First European Rivers Summit Held In Sarajevo

On September 30, 2018 the first-ever European Rivers Summit held in Sarajevo was carried out by Riverwatch (Austria) and the Center for Environment (Bosnia and Herzegovina) with 250 people in attendance to save Europe’s rivers and stop damming. The meeting was supported by NGOs including Riverwatch, EuroNatur, WWF Adria, Wetlands International, and Rios livres (GEOTA) from Portugal.

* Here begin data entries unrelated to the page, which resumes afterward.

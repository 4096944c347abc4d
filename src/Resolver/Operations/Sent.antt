-- ===== src/Resolver/Operations/Sent.antt =====
-- The statements that the methods of `Resolver` of internal/resolver/resolver.go send.
use graphpost.Prelude.{String, List, [], ◌∷◌, Option, none, some, All}
use graphpost.Prelude.Int.{ℤ}
use graphpost.Json.{Fields}
use graphpost.Resolver.Sql.{Statement, IsNumberedClause}
use graphpost.Resolver.Statements.{QueryParams, build_select_query}
use graphpost.Resolver.Aggregates.{
  Column, IsNumberedOption, aggregate_statement, aggregate_statement-IsNumberedOption,
}
use graphpost.Resolver.Statements.Numbering.{
  build_select_query-IsNumberedClause, build_count_query-IsNumberedClause,
  build_insert_query-IsNumberedClause, build_batch_insert_query-IsNumberedClause,
  build_update_query-IsNumberedClause, build_update_by_pk_query-IsNumberedClause,
  delete_statement-IsNumberedClause, delete_by_pk_statement-IsNumberedClause,
  query_by_pk_statement-IsNumberedClause,
}
use graphpost.Resolver.Answers.{ResultRow, query_rows}
use graphpost.Resolver.Operations.{
  Resolver, Call, call_query, call_query_by_pk, call_aggregate, call_insert_one, call_insert,
  call_update_by_pk, call_update, call_delete_by_pk, call_delete, sent_if, with_table, with_nodes,
  with_count, resolve_aggregate, by_pk_of, resolve_insert, resolve,
}

sent_if-IsNumberedClause :
    (s : Option Statement) → IsNumberedOption s → All (IsNumberedClause 1) (sent_if s)
sent_if-IsNumberedClause none h = tt
sent_if-IsNumberedClause (some s) h = (h, tt)

module _ (r : Resolver) where
  with_table-IsNumberedClause :
      (params : QueryParams) (n : ℤ) (nodes : List ResultRow) (table : Option (List Column))
      → All (IsNumberedClause 1) ((with_table r params n nodes table).0)
  unfolding with_table
  with_table-IsNumberedClause params n nodes none = tt
  with_table-IsNumberedClause params n nodes (some columns) =
      sent_if-IsNumberedClause (aggregate_statement r.enc r.db_schema columns params)
        (aggregate_statement-IsNumberedOption r.enc r.db_schema columns params)

  with_nodes-IsNumberedClause :
      (params : QueryParams) (n : ℤ) (nodes : Option (List ResultRow))
      → All (IsNumberedClause 1) ((with_nodes r params n nodes).0)
  unfolding with_nodes
  with_nodes-IsNumberedClause params n none = tt
  with_nodes-IsNumberedClause params n (some nodes) =
      with_table-IsNumberedClause params n nodes (r.tables params.table_name)

  with_count-IsNumberedClause :
      (params : QueryParams) (n : Option ℤ) → All (IsNumberedClause 1) ((with_count r params n).0)
  unfolding with_count
  with_count-IsNumberedClause params none = tt
  with_count-IsNumberedClause params (some n) = (
    build_select_query-IsNumberedClause r.enc r.db_schema params,
    with_nodes-IsNumberedClause params n
        (query_rows r.pool (build_select_query r.enc r.db_schema params)),
  )

  by_pk_of-IsNumberedClause :
      (table : String) (pk : Fields) (columns : Option (List Column))
      → All (IsNumberedClause 1) ((by_pk_of r table pk columns).0)
  unfolding by_pk_of
  by_pk_of-IsNumberedClause table pk none = tt
  by_pk_of-IsNumberedClause table pk (some columns) =
      (query_by_pk_statement-IsNumberedClause r.db_schema table pk, tt)

  resolve_insert-IsNumberedClause :
      (table : String) (objects : List Fields)
      → All (IsNumberedClause 1) ((resolve_insert r table objects).0)
  unfolding resolve_insert
  resolve_insert-IsNumberedClause table [] = tt
  resolve_insert-IsNumberedClause table (object ∷ objects) =
      (build_batch_insert_query-IsNumberedClause r.enc r.db_schema table (object ∷ objects), tt)

  -- Every statement that a call of a method with the prefix Resolve sends, for rows, for aggregates or
  -- to change rows, holds the placeholders 1, 2, … in this order, as many as it has arguments, whatever
  -- the connections answer.
  pub resolve-IsNumberedClause : (c : Call) → All (IsNumberedClause 1) ((resolve r c).0)
  unfolding resolve resolve_aggregate
  resolve-IsNumberedClause (call_query params) =
      (build_select_query-IsNumberedClause r.enc r.db_schema params, tt)
  resolve-IsNumberedClause (call_query_by_pk table pk) =
      by_pk_of-IsNumberedClause table pk (r.tables table)
  resolve-IsNumberedClause (call_aggregate params) = (
    build_count_query-IsNumberedClause r.enc r.db_schema params,
    with_count-IsNumberedClause params _,
  )
  resolve-IsNumberedClause (call_insert_one params) =
      (build_insert_query-IsNumberedClause r.enc r.db_schema params.table_name params.object, tt)
  resolve-IsNumberedClause (call_insert params) =
      resolve_insert-IsNumberedClause params.table_name params.objects
  resolve-IsNumberedClause (call_update_by_pk params) =
      (build_update_by_pk_query-IsNumberedClause r.enc r.db_schema params, tt)
  resolve-IsNumberedClause (call_update params) =
      (build_update_query-IsNumberedClause r.enc r.db_schema params, tt)
  resolve-IsNumberedClause (call_delete_by_pk table pk) =
      (delete_by_pk_statement-IsNumberedClause r.db_schema table pk, tt)
  resolve-IsNumberedClause (call_delete params) =
      (delete_statement-IsNumberedClause r.enc r.db_schema params, tt)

2 ERS Visual Action 2 Art (c) Luka Tomac Photo (c) Action Flying Pangolin Film

++ 250 people attend Summit to save Europe’s rivers and stop the damming ++ Participants call upon EU and Heads of State to stop funding hydropower ++


Sarajevo, September 30th, 2018. Between September 27th and 29th, Sarajevo became the center of European river conservationists and dam opponents. At the first European Rivers Summit, about 250 people from over 30 countries discussed how to stop the destruction of Europe’s rivers from hydropower, how to protect the last free-flowing river jewels in the long run and how to restore those already destroyed (a full list of topics can be found in the Summit Program).

Participants formulated a list of demands addressed to relevant decision makers in politics and industry. In this declaration, Europe’s river conservationists call upon the European Commission, the Energy Community, international banks and national governments to stop promoting and funding hydropower projects as green and renewable energy source and tighten environmental criteria. These demands aim to help the successful implementation of the EU Water Framework Directive in order to bring rivers back to a good ecological state by 2027. (find the full list of demands attached)

Today, rivers are the most threatened habitats on Earth. 81% of global freshwater wildlife populations have been lost – higher than in any other ecosystem. According to the European Environmental Bureau (EEB) European waterways are degraded to a point where they can no longer sustain functioning ecosystems. The main threat to river’s health is the massive expansion of hydropower, boosted by the green myth and funding methods such as feed-in tariffs.  In EU, 25,000 hydropower plants are registered, according to the EEB. This figure does not even include small hydropower plants – the actual figure is therefore much larger. Almost two thirds of European rivers are in a bad ecological state.

“We have to stop the dam craze. Europe’s rivers have long paid for our energy-hungry lifestyle with their integrity. The last intact rivers must remain free-flowing“, says Ulrich Eichelmann, CEO of Riverwatch.

Hydropower plants not only fundamentally destroy the biodiversity of riverine habitats but also turn a dynamic river into a monotonous stagnant waterbody. Moreover, hydropower is not even a carbon-neutral source of energy as dam reservoirs are a major source of greenhouse-gas emissions. In addition, dams also have dire social costs. Worldwide, between 500 and 750 million people suffer from direct or indirect impacts of dams,

“Hydropower is a destructive, outdated technology that, today, can be easily substituted with modern sources of renewable energy, such as solar power“, Natasa Crnkovic, president of the Center for Environment in Bosnia and Herzegovina

Fortunately, there is one region in Europe which still hosts free-flowing rivers: the Balkans. However, even these last jewels are under massive attack by about 2,800 projected hydropower plants. To make a statement against this destruction, the first European Rivers Summit was held in Sarajevo. Starting this year, a European Rivers Summit will be held every two years in a different region in Europe. The next summit will be held in Portugal in 2020.